#### Work required:
Below are entries. Pull out all lines containing "IsVerified".

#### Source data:
'''

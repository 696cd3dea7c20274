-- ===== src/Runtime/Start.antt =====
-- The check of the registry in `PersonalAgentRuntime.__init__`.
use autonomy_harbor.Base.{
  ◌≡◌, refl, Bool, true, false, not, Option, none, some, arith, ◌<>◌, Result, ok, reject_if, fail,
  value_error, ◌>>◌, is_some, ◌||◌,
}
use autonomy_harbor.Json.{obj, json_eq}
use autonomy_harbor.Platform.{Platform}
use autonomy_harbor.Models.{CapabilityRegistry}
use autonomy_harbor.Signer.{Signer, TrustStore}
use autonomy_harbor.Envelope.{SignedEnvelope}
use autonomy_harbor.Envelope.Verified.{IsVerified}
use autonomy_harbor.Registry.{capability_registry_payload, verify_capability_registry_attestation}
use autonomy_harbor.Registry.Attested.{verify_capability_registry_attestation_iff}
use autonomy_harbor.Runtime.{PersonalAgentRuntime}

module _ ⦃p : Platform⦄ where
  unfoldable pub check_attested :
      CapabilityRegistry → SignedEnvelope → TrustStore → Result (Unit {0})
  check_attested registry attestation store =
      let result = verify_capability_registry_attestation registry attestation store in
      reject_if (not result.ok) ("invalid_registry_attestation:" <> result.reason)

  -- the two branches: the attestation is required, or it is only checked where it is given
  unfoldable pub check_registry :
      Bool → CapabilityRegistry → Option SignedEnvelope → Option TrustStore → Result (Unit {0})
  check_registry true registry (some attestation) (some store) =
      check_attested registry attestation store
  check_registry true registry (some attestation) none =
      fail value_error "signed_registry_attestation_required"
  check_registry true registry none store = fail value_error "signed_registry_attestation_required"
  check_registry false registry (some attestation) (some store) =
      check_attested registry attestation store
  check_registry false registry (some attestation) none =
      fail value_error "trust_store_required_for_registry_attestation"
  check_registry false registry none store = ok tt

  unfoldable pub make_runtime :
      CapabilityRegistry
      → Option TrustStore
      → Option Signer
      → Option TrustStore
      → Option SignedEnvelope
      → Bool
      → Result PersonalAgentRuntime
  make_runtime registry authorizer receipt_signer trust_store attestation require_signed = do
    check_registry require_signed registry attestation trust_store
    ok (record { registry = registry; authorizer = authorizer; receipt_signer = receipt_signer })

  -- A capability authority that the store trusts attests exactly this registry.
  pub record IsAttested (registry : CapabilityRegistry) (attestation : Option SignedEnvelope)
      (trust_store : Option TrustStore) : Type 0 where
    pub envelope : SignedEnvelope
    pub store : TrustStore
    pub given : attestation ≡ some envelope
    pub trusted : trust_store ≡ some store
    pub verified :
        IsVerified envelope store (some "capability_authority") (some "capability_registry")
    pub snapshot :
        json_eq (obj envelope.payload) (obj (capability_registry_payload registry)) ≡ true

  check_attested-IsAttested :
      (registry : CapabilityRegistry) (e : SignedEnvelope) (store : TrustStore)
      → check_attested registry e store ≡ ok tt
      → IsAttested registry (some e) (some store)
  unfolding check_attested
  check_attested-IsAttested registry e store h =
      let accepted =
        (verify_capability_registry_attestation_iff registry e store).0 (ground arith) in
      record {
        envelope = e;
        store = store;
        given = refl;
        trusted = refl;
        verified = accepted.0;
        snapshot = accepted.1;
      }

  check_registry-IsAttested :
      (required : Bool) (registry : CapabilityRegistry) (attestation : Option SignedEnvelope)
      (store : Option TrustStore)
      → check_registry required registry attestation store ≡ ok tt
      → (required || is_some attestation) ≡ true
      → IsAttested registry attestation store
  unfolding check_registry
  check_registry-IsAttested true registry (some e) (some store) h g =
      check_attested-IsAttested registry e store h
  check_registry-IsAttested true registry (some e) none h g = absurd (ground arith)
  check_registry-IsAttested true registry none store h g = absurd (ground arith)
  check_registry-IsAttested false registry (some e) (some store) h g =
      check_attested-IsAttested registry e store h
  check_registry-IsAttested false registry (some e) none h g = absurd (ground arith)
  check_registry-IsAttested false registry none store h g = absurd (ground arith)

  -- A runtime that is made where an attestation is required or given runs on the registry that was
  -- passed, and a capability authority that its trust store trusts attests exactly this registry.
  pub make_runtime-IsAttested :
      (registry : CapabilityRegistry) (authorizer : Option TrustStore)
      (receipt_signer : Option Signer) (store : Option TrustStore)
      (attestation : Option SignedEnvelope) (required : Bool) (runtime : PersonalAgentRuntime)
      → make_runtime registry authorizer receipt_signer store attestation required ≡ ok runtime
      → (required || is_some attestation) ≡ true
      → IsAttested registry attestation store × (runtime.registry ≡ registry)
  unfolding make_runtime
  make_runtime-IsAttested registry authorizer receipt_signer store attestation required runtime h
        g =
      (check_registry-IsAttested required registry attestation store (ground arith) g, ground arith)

'''

#### Answer to the problem:
use autonomy_harbor.Envelope.Verified.{IsVerified}
        IsVerified envelope store (some "capability_authority") (some "capability_registry")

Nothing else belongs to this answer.